Out of the material that follows, write out exactly the lines from the line with "-- ===== src/Sessions.antt" to the line with "pub mod SoundThreads", both ends included, and no others.

******

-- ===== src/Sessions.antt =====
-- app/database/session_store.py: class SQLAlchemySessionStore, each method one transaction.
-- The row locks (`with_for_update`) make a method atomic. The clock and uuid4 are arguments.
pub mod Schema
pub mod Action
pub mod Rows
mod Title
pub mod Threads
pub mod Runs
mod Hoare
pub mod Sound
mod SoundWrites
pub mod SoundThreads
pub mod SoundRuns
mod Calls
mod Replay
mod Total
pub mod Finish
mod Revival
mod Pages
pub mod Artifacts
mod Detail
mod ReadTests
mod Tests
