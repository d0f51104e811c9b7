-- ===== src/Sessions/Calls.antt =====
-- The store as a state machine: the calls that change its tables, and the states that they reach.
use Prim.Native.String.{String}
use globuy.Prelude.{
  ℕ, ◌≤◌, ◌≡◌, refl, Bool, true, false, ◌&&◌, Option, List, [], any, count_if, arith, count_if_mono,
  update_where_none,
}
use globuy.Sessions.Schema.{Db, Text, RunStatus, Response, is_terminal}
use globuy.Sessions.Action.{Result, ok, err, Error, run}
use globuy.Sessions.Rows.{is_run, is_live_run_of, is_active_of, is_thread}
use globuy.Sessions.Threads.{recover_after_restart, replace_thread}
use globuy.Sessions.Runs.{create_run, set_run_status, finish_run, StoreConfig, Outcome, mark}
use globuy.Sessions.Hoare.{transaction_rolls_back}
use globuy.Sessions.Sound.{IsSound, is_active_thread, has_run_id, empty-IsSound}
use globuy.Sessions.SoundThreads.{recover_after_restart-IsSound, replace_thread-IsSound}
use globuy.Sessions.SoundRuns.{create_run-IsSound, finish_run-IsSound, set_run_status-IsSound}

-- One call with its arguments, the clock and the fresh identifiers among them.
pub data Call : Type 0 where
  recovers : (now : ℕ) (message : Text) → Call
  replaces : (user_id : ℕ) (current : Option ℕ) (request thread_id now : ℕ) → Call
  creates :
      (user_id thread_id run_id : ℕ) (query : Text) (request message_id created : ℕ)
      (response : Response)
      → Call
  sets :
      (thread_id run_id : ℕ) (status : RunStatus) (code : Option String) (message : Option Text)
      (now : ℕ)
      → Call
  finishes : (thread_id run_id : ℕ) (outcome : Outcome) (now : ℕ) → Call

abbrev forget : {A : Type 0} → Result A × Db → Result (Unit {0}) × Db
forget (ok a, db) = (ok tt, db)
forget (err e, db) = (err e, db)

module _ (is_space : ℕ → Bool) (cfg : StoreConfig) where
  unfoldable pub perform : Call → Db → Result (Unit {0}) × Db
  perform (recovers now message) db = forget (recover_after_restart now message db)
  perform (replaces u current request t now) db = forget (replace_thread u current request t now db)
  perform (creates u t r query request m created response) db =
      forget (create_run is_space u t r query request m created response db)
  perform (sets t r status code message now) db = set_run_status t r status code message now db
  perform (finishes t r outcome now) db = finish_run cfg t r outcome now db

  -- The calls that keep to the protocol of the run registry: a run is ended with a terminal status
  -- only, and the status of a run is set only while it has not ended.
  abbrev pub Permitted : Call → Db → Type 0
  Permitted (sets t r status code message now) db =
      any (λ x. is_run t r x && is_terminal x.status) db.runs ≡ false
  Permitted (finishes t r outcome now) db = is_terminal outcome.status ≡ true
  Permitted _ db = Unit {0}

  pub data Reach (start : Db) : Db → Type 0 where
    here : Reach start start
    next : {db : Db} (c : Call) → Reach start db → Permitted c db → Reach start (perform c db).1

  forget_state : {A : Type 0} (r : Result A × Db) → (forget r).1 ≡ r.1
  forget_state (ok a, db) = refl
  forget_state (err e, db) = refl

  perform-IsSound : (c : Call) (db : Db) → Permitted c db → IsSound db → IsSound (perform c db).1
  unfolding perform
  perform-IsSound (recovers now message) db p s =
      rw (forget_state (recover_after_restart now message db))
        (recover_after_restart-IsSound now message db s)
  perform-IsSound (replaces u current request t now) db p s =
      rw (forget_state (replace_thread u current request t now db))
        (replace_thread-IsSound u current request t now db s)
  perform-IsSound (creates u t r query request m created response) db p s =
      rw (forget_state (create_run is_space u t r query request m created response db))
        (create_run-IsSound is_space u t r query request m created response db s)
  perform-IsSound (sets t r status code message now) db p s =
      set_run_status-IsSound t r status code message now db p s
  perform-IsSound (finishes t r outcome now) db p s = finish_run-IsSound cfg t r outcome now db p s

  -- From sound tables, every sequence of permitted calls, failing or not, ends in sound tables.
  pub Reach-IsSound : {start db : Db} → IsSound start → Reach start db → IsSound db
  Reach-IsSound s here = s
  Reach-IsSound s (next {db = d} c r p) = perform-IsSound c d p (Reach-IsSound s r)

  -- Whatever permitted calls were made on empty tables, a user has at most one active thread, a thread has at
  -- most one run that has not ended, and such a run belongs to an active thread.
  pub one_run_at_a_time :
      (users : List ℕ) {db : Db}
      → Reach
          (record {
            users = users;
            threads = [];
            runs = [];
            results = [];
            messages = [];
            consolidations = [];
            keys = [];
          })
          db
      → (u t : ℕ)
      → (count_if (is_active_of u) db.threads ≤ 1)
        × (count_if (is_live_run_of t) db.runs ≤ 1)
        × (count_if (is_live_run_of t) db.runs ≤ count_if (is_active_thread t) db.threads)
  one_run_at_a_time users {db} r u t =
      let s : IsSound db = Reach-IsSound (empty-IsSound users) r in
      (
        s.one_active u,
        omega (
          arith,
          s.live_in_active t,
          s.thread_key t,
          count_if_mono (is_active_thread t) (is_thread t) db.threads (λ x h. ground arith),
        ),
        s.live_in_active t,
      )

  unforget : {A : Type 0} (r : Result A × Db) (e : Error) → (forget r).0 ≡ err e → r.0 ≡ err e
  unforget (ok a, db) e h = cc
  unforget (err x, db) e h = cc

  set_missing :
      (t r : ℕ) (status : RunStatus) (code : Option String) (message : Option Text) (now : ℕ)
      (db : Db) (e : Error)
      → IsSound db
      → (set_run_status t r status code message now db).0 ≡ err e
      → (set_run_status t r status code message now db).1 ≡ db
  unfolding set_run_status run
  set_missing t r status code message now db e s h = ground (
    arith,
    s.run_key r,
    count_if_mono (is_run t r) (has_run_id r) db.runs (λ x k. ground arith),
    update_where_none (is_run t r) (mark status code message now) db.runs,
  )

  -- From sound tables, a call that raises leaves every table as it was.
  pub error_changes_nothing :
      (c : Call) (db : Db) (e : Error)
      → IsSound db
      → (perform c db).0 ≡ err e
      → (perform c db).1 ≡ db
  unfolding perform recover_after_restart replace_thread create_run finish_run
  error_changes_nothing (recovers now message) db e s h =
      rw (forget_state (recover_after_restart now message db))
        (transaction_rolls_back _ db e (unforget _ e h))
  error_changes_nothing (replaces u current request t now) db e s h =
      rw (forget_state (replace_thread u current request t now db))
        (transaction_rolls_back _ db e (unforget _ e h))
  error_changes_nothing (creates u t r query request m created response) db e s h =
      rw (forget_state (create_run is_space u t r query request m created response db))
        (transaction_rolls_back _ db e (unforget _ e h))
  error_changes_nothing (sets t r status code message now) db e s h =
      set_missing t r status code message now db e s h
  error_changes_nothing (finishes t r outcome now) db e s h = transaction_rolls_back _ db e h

******

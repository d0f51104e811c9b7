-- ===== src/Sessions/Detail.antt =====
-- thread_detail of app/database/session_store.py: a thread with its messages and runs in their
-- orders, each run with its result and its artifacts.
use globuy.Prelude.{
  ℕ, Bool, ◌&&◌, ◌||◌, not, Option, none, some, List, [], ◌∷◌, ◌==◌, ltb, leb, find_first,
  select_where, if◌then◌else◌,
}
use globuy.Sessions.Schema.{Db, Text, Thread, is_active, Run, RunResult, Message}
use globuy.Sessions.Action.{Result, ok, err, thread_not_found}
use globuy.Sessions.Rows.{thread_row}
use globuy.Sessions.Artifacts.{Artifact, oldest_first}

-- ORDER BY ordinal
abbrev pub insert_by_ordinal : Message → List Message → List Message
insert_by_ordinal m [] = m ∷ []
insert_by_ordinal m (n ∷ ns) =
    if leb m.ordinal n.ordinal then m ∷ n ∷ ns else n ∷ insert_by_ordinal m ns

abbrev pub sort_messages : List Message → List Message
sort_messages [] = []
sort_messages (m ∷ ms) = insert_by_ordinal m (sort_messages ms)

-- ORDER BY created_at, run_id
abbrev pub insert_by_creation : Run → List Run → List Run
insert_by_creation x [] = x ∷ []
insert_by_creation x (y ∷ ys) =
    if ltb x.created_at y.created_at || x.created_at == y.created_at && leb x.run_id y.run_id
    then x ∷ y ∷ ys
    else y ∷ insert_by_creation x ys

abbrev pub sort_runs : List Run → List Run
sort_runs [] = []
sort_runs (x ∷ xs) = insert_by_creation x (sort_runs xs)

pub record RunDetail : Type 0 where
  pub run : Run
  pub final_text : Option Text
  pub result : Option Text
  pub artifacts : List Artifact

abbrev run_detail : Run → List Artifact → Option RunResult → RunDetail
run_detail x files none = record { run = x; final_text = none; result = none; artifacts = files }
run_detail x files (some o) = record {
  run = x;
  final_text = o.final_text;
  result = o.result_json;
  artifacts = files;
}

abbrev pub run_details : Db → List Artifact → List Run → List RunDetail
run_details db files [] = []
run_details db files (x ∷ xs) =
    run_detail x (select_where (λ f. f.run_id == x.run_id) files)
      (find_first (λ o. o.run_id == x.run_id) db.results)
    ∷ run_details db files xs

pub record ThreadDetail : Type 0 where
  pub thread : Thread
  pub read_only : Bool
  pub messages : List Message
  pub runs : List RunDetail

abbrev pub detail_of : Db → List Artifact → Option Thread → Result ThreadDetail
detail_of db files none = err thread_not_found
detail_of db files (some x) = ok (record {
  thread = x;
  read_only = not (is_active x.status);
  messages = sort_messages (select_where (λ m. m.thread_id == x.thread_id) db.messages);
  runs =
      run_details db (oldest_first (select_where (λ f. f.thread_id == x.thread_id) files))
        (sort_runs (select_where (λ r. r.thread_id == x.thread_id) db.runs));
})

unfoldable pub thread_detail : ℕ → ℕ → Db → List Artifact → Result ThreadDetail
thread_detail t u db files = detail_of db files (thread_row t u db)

******

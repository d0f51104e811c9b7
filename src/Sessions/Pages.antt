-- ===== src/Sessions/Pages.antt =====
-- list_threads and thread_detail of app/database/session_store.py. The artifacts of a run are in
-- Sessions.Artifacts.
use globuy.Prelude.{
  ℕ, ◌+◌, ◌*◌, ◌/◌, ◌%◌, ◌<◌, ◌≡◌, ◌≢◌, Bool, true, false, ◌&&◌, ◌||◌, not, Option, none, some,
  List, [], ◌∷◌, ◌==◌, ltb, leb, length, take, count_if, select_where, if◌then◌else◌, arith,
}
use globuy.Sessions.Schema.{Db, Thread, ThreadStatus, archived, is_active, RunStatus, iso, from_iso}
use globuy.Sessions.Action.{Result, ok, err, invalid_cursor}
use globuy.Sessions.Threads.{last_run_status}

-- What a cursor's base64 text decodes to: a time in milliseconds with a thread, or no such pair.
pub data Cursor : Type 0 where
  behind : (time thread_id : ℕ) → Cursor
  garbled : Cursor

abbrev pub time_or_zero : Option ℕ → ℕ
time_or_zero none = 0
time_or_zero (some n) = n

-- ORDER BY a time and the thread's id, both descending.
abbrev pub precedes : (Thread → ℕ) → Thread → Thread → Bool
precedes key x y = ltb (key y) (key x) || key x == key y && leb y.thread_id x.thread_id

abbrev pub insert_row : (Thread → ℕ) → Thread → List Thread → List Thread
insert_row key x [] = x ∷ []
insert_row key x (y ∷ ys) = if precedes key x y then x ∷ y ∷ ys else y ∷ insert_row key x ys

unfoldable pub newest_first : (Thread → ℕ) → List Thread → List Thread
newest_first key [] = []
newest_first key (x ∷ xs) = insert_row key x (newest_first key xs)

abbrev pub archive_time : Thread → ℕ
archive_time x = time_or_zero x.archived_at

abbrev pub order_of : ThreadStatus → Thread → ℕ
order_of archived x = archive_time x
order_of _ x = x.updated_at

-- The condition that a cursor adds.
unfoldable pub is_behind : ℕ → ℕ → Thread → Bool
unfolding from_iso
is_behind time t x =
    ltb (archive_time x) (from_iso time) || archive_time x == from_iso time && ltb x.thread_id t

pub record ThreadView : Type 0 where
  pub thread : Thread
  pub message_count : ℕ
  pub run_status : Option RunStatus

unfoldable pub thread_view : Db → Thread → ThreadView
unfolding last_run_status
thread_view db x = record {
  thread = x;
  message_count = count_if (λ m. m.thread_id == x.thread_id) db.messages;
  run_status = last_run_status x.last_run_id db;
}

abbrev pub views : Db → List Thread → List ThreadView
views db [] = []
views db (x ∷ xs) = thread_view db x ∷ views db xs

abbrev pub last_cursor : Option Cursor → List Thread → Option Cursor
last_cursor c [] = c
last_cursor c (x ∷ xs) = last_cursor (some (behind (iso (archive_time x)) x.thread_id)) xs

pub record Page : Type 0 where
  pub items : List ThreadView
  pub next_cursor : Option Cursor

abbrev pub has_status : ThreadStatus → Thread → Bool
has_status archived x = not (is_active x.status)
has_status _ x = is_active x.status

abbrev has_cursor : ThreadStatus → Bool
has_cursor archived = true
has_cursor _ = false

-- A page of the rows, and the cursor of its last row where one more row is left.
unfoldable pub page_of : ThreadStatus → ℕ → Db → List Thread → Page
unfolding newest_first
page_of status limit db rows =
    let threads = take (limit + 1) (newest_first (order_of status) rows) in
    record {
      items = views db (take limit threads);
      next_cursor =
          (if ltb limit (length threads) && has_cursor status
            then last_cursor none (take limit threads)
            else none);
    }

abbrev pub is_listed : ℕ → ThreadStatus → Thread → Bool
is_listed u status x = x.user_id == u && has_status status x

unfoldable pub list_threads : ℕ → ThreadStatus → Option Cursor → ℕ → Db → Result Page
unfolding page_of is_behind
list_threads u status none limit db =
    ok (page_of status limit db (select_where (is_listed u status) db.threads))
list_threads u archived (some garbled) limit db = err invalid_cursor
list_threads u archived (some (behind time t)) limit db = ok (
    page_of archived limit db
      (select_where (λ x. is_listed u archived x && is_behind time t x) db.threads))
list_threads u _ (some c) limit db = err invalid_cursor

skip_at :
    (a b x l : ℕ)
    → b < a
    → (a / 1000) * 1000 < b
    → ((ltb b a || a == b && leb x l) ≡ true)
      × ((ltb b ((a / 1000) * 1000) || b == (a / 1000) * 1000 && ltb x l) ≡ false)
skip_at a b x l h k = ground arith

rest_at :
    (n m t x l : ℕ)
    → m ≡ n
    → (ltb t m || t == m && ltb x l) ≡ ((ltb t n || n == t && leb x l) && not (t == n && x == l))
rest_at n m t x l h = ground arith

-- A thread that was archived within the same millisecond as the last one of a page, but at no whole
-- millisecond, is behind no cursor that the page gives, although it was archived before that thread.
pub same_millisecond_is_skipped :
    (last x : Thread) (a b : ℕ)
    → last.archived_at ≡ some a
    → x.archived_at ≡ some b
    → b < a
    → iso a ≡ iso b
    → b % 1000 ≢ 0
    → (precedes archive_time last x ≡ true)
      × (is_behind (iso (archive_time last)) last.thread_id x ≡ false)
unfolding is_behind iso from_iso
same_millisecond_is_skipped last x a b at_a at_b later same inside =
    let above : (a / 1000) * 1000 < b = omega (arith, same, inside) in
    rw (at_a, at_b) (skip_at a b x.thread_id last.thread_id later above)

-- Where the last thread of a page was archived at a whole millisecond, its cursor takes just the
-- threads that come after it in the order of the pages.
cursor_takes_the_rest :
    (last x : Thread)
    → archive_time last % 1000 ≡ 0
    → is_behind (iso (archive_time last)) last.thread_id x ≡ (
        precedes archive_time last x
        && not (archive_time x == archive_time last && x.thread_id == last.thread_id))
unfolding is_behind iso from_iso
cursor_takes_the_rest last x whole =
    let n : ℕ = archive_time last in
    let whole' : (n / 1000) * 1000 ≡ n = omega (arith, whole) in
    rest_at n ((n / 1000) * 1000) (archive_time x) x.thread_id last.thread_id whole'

******

-- Result --
-- ===== src/Sessions.antt =====
-- app/database/session_store.py: class SQLAlchemySessionStore, each method one transaction.
-- The row locks (`with_for_update`) make a method atomic. The clock and uuid4 are arguments.
pub mod Schema
pub mod Action
pub mod Rows
mod Title
pub mod Threads
pub mod Runs
mod Hoare
pub mod Sound
mod SoundWrites
pub mod SoundThreads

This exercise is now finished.